Retirement is a golden period of life. A person puts a lot of efforts throughout his life to ensure that he/she lives a peaceful and luxurious life in his/her post-retirement years, where he doesn’t have to run to make money, where he can follow his hobbies and build a house of his dreams to spend quality time with his family.
To achieve this dream, there are special investment plans designed and offered by investment companies called retirement plans. These plans basically allow you to build a corpus throughout your working years and pay you a steady monthly income regularly when your income stops. Now, these retirement plans mainly have two stages. The first stage is the accumulation stage, where you contribute a fixed amount towards the plan at regular intervals.
This accumulated amount that are the premiums get invested by the investment regulator in securities that are approved by IRDA – Insurance Regulatory and Development Authority. This is followed by the second stage that is the vesting stage. In this stage, all the premium amount that you have paid over the years get paid back to you in the form of regular monthly income in your post-retirement life.

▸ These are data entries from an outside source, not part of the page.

-- ===== src/Rpc/Server/Always.antt =====
-- rpc/base/rpc_server.go: how often a request is answered, whatever the hooks do.
use mqant.Prelude.{
  ℕ, length, ◌==◌, true, Option, none, some, List, [], Bytes, Result, ok, err, panic, inl, inr,
  suc_ℤ, pred_ℤ, ◌≡◌, refl, sym, ap, subst, arith, Bool-cases, Option-cases, Result-cases,
}
use mqant.Rpc.Server.{
  RpcInfo, CallError, text, wrong_number, wrong_return, exception, new_result_info, Returned,
  no_error, error_text, not_error, Outcome, panics, values, returns, FunctionInfo, error_of, Event,
  on_complete, RpcServer, also, out, do_callback, error_callback, decode_args, send_result,
  call_function, run_body, finish, recovered, run_function, wait, function_of, run_func,
}
use mqant.Rpc.Server.Quiet.{Sum-cases}
use mqant.Rpc.Server.Answering.{replies}
use mqant.Rpc.Server.Running.{finish-fields}
use mqant.Rpc.Server.Adding.{
  Adds, Adds-quiet, Adds-from, Adds-then, Adds-le, Adds-none, error_callback-Adds, answer-Adds,
}

module _ {I V : Type 0} (info : RpcInfo) where
  module _ (heard : Event → Option Bytes) (wants : info.reply ≡ true) where
    -- A part of the run ends with the one answer, or with a panic after one answer at most.
    abbrev Ends : RpcServer I V → Option Bytes × RpcServer I V → Type 0
    Ends s (none, s') = Adds info 1 1 s s'
    Ends s (some t, s') = Adds info 0 1 s s'

    Ends-Adds :
        (s : RpcServer I V) (x : Option Bytes × RpcServer I V) → Adds info 1 1 s x.1 → Ends s x
    Ends-Adds s (none, s') a = a
    Ends-Adds s (some t, s') a = Adds-le info 0 1 s s' (omega arith) (omega arith) a

    Ends-eq : (s : RpcServer I V) (x y : Option Bytes × RpcServer I V) → y ≡ x → Ends s x → Ends s y
    Ends-eq s x y e w = subst (λ z. Ends s z) (sym e) w

    told-Ends : (x : CallError) (s : RpcServer I V) → Ends s (error_callback heard info x s)
    told-Ends x s =
        Ends-Adds s (error_callback heard info x s) (error_callback-Adds info heard wants x s)

    encoded-Ends :
        (r : Returned) (s : RpcServer I V) (o : Result Bytes (Bytes × Bytes))
        → Ends s (elim o as (λ k. Option Bytes × RpcServer I V) [
          | err t ↦ error_callback heard info (text t) s
          | panic ↦ (some [], s)
          | ok (ptype, b) ↦
              also (do_callback heard info (new_result_info info.cid (error_of r) ptype b) s) (λ s'.
                elim s'.listener [
                  | none ↦ (none, s')
                  | some l ↦ out heard (on_complete info.fn) s'
                ])
        ])
    unfolding new_result_info
    encoded-Ends r s (err t) = told-Ends (text t) s
    encoded-Ends r s panic = Adds-none info s
    encoded-Ends r s (ok (ptype, b)) = Ends-Adds s _ (
        answer-Adds info heard wants (new_result_info info.cid (error_of r) ptype b)
          (on_complete info.fn) s refl refl)

    send_result-Ends :
        (encode : V → Result Bytes (Bytes × Bytes)) (v : V) (r : Returned) (s : RpcServer I V)
        → Ends s (send_result heard encode info v r s)
    unfolding send_result
    send_result-Ends encode v no_error s = encoded-Ends no_error s (encode v)
    send_result-Ends encode v (error_text t) s = encoded-Ends (error_text t) s (encode v)
    send_result-Ends encode v not_error s = told-Ends wrong_return s

    outcome-Ends :
        (encode : V → Result Bytes (Bytes × Bytes)) (s : RpcServer I V) (o : Outcome V)
        → Ends s (elim o as (λ k. Option Bytes × RpcServer I V) [
          | panics t ↦ (some t, s)
          | values n ↦ error_callback heard info wrong_return s
          | returns v r ↦ send_result heard encode info v r s
        ])
    outcome-Ends encode s (panics t) = Adds-none info s
    outcome-Ends encode s (values n) = told-Ends wrong_return s
    outcome-Ends encode s (returns v r) = send_result-Ends encode v r s

    call_function-Ends :
        (encode : V → Result Bytes (Bytes × Bytes)) (f : FunctionInfo I V) (is : List I)
        (s : RpcServer I V)
        → Ends s (call_function heard encode f info is s)
    unfolding call_function
    call_function-Ends encode f is s = elim (Bool-cases (length is == f.num_in)) [
      | inl e ↦ Ends-eq s _ _ (ground (arith, e)) (outcome-Ends encode s (f.function is))
      | inr e ↦ Ends-eq s (some [], s) _ (ground (arith, e)) (Adds-none info s)
    ]

    run_body-Ends :
        (encode : V → Result Bytes (Bytes × Bytes)) (f : FunctionInfo I V) (s : RpcServer I V)
        → Ends s (run_body heard encode f info s)
    unfolding run_body
    run_body-Ends encode f s = elim (Result-cases (decode_args f 0 info.args_type info.args)) [
      | inr (inl (t, e)) ↦
          Ends-eq s (error_callback heard info (text t) s) _ (ground (arith, e))
            (told-Ends (text t) s)
      | inr (inr e) ↦ Ends-eq s (some [], s) _ (ground (arith, e)) (Adds-none info s)
      | inl (is, e) ↦
          let call = call_function heard encode f info is s in
          let w = call_function-Ends encode f is s in
          elim (Option-cases s.listener) [
            | inl g ↦ Ends-eq s call _ (ground (arith, e, g)) w
            | inr (l, g) ↦ elim (Result-cases (l.before_handle info.fn info)) [
              | inl (u, h) ↦ Ends-eq s call _ (ground (arith, e, g, h)) w
              | inr (inl (t, h)) ↦
                  Ends-eq s (error_callback heard info (text t) s) _ (ground (arith, e, g, h))
                    (told-Ends (text t) s)
              | inr (inr h) ↦ Ends-eq s (some [], s) _ (ground (arith, e, g, h)) (Adds-none info s)
            ]
          ]
    ]

    -- After a panic there is one more answer.
    recovered-Adds :
        (s : RpcServer I V) (x : Option Bytes × RpcServer I V)
        → Ends s x
        → Adds info 1 2 s (recovered heard info x).1
    unfolding recovered
    recovered-Adds s (none, s') w = Adds-le info 1 2 s s' (omega arith) (omega arith) w
    recovered-Adds s (some t, s') w =
        Adds-then info s s' _ w (error_callback-Adds info heard wants (exception t) s')

    recovered_again-Adds :
        (s : RpcServer I V) (x : Option Bytes × RpcServer I V)
        → Adds info 1 2 s x.1
        → Adds info 1 3 s (recovered heard info x).1
    unfolding recovered
    recovered_again-Adds s (none, s') w = Adds-le info 1 3 s s' (omega arith) (omega arith) w
    recovered_again-Adds s (some t, s') w =
        Adds-le info 1 3 s _ (omega arith) (omega arith)
          (Adds-then info s s' _ w (error_callback-Adds info heard wants (exception t) s'))

    finished-Ends :
        (s s1 : RpcServer I V) (x : Option Bytes × RpcServer I V)
        → replies s1.events ≡ replies s.events
        → Ends s1 x
        → Ends s (x.0, finish (record x.1 { executing = pred_ℤ x.1.executing }))
    finished-Ends s s1 (none, s') e w =
        Adds-quiet info s s' _
          (ap replies (finish-fields (record s' { executing = pred_ℤ s'.executing })).0)
          (Adds-from info s s1 s' e w)
    finished-Ends s s1 (some t, s') e w =
        Adds-quiet info s s' _
          (ap replies (finish-fields (record s' { executing = pred_ℤ s'.executing })).0)
          (Adds-from info s s1 s' e w)

    Adds-eq :
        {m k : ℕ} (s : RpcServer I V) (x y : Option Bytes × RpcServer I V)
        → y ≡ x
        → Adds info m k s x.1
        → Adds info m k s y.1
    Adds-eq {m = m} {k = k} s x y e w = subst (λ z. Adds info m k s z.1) (sym e) w

    run_function-Adds :
        (encode : V → Result Bytes (Bytes × Bytes)) (f : FunctionInfo I V) (s : RpcServer I V)
        → Adds info 1 2 s (run_function heard encode f info s).1
    unfolding run_function
    run_function-Adds encode f s =
        let s1 : RpcServer I V = record s { executing = suc_ℤ s.executing } in
        let x = run_body heard encode f info s1 in
        elim (Bool-cases (length info.args == f.num_in)) [
          | inl e ↦
              Adds-eq s
                (recovered heard info
                  (x.0, finish (record x.1 { executing = pred_ℤ x.1.executing })))
                (run_function heard encode f info s) (ground (arith, e))
                (recovered-Adds s _ (finished-Ends s s1 x refl (run_body-Ends encode f s1)))
          | inr e ↦
              Adds-eq s (error_callback heard info wrong_number s)
                (run_function heard encode f info s) (ground (arith, e))
                (Adds-le info 1 2 s _ (omega arith) (omega arith)
                  (error_callback-Adds info heard wants wrong_number s))
        ]

    wait-replies : (s : RpcServer I V) → replies (wait s).events ≡ replies s.events
    wait-replies s = elim (Bool-cases s.has_control) [
      | inl e ↦ ground (arith, e)
      | inr e ↦ ground (arith, e)
    ]

    not_found-Adds :
        (x : CallError) (s : RpcServer I V)
        → Adds info 1 3 s (recovered heard info (error_callback heard info x s)).1
    not_found-Adds x s = recovered_again-Adds s _ (
        Adds-le info 1 2 s _ (omega arith) (omega arith) (error_callback-Adds info heard wants x s))

    -- Whatever the hooks do, the ones that hear of an answer included, a request that wants an answer
    -- is answered at least once and at most three times: so many answers are given to `Callback`, all
    -- with the correlation id of the request.
    pub run_func-Adds :
        (encode : V → Result Bytes (Bytes × Bytes)) (s : RpcServer I V)
        → Adds info 1 3 s (run_func heard encode info s).1
    unfolding run_func
    run_func-Adds encode s =
        let s1 = wait s in
        let from : (x : RpcServer I V) → Adds info 1 3 s1 x → Adds info 1 3 s x =
          λ x w. Adds-from info s s1 x (wait-replies s) w in
        elim (Sum-cases (function_of s1 info)) [
          | inl (exception t, e) ↦
              Adds-eq s (error_callback heard info (exception t) s1) (run_func heard encode info s)
                (ground (arith, e))
                (from _ (
                  Adds-le info 1 3 s1 _ (omega arith) (omega arith)
                    (error_callback-Adds info heard wants (exception t) s1)))
          | inl (text t, e) ↦
              Adds-eq s (recovered heard info (error_callback heard info (text t) s1))
                (run_func heard encode info s) (ground (arith, e))
                (from _ (not_found-Adds (text t) s1))
          | inl (wrong_number, e) ↦
              Adds-eq s (recovered heard info (error_callback heard info wrong_number s1))
                (run_func heard encode info s) (ground (arith, e))
                (from _ (not_found-Adds wrong_number s1))
          | inl (wrong_return, e) ↦
              Adds-eq s (recovered heard info (error_callback heard info wrong_return s1))
                (run_func heard encode info s) (ground (arith, e))
                (from _ (not_found-Adds wrong_return s1))
          | inr (f, e) ↦ elim (Bool-cases f.goroutine) [
            | inl g ↦
                Adds-eq s (run_function heard encode f info s1) (run_func heard encode info s)
                  (ground (arith, e, g))
                  (from _ (
                    Adds-le info 1 3 s1 _ (omega arith) (omega arith)
                      (run_function-Adds encode f s1)))
            | inr g ↦
                Adds-eq s (recovered heard info (run_function heard encode f info s1))
                  (run_func heard encode info s) (ground (arith, e, g))
                  (from _ (recovered_again-Adds s1 _ (run_function-Adds encode f s1)))
          ]
        ]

The ideal vesting age is usually 40 to 70 years. During this period, you get a pension, and so it is called the annuity phase. In this phase, you can draw up to 33% of the accumulated amount. The frequency of receiving the income can be monthly, quarterly, half-yearly and annually.
As you decide to invest in a retirement plan, there are a few important questions that you must ask yourself to make sure you choose the right plan that will also save you from regretting later.
Here is a list of questions that you must ask yourself.
- What are your retirement goals?
There are various retirement plans that are offered by various investment companies, and while the benefits and risks they carry vary, it is important to know what you aim to achieve from them. It is vital to assess your retirement goals, as otherwise, it will be difficult to know whether a particular retirement plan is sufficient to meet your post-retirement life needs or not.
- How do you plan to fund your retirement years?
Creating a sufficient fund is important when it comes to retirement planning. You can not merely depend on your savings to support the post-retirement needs especially considering the rapidly growing inflation rate. Most of the organisations provide pensions and annuities to support retirement funding. You must make a decision based on how much funds you would require considering the inflation rates as well as current expenditure.
- Do you have critical health issues?
The current situation of the pandemic has taught us that medical emergencies can knock on your doors at any unexpected time, and you must always be prepared to face them. Keeping in mind old age and the risks of being more prone to illness, it is best advised to take into consideration any illness that you are prone to based on your family history, individual habits, etc.
Considering all these points will help you assess your needs better and choose the best suitable retirement plan.